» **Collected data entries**
┄┄┄┄┄┄┄┄┄┄

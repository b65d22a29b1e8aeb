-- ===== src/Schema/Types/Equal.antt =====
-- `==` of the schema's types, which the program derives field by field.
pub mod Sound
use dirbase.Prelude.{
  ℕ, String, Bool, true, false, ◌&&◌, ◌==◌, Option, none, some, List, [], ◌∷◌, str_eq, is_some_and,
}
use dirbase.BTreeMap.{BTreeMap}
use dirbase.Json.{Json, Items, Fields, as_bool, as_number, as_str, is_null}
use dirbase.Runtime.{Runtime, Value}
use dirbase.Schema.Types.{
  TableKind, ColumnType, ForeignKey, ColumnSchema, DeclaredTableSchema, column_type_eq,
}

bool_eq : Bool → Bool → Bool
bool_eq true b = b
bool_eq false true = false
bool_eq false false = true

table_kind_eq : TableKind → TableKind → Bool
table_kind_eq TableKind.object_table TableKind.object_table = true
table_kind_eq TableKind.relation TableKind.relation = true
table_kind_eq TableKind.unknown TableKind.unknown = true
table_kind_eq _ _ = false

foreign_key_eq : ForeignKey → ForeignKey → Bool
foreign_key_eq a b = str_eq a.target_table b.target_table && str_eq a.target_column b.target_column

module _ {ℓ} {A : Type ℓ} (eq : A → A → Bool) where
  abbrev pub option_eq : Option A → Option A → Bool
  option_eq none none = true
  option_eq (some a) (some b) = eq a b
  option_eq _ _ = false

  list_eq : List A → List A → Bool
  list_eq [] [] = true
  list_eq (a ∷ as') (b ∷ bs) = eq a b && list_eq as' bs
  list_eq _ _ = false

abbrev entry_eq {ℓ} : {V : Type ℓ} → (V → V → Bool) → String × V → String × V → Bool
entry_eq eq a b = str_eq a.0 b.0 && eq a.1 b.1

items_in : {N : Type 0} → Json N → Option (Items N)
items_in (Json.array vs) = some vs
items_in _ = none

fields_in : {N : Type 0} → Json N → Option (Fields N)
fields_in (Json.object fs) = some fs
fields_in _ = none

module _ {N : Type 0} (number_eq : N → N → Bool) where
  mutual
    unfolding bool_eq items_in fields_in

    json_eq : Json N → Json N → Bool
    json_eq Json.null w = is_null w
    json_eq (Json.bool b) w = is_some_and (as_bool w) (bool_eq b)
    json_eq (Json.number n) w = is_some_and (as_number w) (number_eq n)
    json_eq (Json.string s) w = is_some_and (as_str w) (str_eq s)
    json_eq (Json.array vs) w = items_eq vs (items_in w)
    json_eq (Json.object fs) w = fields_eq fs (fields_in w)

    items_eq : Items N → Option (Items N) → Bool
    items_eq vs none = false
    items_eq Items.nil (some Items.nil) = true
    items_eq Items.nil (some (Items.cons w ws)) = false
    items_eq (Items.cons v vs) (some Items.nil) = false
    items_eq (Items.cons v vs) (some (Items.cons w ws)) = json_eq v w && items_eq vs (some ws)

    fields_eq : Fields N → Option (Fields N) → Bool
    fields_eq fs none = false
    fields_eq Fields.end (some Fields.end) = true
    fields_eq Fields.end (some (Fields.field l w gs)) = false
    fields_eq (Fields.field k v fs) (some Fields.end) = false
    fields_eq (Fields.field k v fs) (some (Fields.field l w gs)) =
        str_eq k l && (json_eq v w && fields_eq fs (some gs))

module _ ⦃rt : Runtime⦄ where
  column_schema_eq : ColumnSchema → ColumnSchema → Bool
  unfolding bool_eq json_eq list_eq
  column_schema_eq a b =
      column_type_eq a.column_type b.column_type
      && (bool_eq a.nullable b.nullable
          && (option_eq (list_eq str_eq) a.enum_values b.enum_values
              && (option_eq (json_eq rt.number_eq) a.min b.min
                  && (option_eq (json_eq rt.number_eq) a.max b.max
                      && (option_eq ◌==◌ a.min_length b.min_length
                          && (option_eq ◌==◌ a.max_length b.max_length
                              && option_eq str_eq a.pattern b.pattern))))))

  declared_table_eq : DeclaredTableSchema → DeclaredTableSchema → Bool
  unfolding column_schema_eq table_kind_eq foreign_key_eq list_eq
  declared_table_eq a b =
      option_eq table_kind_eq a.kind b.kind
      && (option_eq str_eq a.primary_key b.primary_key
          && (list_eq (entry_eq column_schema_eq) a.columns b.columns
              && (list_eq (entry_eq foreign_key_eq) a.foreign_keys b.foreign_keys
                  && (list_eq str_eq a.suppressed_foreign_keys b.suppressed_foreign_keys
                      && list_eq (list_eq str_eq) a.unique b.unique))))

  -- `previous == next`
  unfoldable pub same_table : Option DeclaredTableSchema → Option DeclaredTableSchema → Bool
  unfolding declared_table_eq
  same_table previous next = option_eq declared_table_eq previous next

┄┄┄┄┄┄┄┄┄┄

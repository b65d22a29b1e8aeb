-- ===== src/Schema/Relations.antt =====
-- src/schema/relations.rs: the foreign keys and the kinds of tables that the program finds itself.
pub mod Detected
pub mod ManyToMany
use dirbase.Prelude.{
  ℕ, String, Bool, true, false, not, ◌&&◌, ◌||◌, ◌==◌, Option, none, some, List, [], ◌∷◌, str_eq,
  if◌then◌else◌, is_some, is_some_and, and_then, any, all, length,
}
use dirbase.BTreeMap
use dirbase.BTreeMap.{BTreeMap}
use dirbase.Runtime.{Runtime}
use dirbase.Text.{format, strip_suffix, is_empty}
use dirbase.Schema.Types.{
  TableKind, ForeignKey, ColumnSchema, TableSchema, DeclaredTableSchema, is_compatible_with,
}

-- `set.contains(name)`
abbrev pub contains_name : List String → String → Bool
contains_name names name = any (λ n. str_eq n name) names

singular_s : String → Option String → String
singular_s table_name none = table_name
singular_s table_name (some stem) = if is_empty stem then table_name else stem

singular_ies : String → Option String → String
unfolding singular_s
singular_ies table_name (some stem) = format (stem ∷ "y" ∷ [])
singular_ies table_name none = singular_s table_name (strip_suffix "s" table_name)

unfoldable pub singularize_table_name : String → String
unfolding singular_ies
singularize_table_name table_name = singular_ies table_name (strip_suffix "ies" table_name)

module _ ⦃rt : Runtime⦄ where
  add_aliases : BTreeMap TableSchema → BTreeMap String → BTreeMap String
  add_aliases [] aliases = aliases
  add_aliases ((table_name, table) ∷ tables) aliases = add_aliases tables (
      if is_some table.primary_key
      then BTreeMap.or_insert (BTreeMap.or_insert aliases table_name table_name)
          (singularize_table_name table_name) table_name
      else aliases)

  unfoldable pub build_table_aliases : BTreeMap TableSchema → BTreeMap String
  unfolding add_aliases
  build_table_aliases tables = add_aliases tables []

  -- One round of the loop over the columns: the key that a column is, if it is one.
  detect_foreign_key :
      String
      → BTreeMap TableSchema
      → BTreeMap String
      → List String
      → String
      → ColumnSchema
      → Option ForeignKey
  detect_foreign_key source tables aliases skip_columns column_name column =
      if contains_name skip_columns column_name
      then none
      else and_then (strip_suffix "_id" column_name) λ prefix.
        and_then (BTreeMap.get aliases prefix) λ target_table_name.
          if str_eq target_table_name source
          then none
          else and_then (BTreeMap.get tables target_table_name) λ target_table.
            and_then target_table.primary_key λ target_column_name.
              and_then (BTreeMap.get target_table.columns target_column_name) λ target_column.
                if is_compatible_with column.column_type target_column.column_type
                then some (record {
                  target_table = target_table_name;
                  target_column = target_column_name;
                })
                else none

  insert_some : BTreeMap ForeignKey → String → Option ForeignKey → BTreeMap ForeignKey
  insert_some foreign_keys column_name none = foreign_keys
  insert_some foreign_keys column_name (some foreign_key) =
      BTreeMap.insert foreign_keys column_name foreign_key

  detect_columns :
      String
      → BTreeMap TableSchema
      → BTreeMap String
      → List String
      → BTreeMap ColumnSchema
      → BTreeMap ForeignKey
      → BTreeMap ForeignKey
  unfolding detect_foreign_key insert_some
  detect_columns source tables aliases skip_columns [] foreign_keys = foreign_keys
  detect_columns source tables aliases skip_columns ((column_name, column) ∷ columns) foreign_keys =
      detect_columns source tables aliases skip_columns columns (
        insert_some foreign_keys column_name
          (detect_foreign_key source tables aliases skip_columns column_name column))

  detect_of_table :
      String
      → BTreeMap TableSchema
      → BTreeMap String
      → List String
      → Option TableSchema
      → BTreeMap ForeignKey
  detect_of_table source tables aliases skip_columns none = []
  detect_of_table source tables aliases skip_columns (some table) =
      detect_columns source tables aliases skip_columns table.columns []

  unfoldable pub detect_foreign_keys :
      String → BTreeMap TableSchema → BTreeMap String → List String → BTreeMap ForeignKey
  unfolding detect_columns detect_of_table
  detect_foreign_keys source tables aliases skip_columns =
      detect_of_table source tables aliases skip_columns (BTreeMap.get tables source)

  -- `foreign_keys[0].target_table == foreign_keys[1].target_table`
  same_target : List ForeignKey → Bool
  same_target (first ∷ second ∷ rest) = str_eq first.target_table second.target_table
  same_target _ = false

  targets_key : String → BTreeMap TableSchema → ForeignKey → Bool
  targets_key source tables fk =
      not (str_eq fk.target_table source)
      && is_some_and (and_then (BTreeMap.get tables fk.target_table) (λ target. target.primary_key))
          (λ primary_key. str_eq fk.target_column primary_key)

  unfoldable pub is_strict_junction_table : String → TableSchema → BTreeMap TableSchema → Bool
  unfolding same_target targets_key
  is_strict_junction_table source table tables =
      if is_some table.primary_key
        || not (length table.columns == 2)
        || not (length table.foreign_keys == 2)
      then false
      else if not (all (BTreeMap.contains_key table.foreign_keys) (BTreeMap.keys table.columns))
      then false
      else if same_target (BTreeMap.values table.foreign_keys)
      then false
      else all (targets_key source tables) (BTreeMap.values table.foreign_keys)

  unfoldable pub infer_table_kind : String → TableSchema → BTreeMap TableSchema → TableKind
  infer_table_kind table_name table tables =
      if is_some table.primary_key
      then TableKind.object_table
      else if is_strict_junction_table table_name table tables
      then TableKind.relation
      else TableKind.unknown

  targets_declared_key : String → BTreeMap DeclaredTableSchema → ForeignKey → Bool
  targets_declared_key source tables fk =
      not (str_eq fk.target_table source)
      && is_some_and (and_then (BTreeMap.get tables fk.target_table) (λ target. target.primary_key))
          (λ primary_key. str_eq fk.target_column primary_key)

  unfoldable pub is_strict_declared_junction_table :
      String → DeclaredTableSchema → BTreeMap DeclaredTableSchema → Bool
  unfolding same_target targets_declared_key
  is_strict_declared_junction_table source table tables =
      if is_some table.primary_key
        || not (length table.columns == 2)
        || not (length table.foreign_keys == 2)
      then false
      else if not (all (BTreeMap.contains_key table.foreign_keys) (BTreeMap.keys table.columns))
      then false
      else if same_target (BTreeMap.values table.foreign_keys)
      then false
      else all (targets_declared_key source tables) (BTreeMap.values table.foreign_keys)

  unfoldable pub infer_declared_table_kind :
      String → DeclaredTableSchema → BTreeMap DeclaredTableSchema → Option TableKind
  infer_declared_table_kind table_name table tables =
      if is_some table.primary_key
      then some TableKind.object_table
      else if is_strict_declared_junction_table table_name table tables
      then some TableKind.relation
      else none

┄┄┄┄┄┄┄┄┄┄

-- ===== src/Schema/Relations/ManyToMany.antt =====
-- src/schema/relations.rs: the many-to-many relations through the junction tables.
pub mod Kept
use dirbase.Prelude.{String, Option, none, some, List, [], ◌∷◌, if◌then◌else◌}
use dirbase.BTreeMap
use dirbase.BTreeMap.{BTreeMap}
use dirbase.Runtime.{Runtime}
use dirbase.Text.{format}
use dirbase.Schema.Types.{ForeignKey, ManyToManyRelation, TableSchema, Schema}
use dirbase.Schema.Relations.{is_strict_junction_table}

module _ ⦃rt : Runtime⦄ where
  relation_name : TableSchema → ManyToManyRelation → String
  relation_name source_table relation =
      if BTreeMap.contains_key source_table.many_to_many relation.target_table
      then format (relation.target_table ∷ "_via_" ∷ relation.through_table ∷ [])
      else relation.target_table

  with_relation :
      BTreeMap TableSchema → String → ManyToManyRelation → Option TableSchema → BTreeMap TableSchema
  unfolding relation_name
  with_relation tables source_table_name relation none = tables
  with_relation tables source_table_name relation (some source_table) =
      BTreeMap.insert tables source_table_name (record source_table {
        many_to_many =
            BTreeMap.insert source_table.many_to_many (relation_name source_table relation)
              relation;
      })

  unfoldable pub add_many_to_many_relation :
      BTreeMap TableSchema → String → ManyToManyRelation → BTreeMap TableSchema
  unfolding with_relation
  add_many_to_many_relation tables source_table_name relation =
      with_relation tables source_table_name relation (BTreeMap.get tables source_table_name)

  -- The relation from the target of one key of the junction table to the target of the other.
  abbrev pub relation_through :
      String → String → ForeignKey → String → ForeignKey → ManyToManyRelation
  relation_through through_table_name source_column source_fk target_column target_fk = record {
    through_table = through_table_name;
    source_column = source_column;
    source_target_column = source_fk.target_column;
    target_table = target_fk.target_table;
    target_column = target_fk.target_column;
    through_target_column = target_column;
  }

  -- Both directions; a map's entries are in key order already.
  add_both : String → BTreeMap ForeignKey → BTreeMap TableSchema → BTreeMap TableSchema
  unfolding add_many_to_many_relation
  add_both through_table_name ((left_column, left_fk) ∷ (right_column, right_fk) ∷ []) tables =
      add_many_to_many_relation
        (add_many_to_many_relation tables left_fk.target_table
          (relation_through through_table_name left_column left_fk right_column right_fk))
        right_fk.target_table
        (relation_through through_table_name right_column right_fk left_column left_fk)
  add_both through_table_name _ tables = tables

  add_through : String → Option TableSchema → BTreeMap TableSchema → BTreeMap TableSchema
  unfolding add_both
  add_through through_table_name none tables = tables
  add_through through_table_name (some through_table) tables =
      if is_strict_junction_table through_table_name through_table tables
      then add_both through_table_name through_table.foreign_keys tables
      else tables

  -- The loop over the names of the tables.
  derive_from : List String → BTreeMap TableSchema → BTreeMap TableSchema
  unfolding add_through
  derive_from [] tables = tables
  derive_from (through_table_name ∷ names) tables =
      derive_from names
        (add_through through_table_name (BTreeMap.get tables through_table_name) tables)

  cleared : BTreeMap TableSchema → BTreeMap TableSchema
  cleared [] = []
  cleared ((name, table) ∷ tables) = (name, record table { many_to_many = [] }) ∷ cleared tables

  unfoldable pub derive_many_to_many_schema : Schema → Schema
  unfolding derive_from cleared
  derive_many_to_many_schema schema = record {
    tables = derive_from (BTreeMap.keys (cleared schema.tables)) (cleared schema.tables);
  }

┄┄┄┄┄┄┄┄┄┄

» **About this exercise**
From the entries above, tally every line holding the string "DeclaredTableSchema". Give only the count.

» **Written reply**
7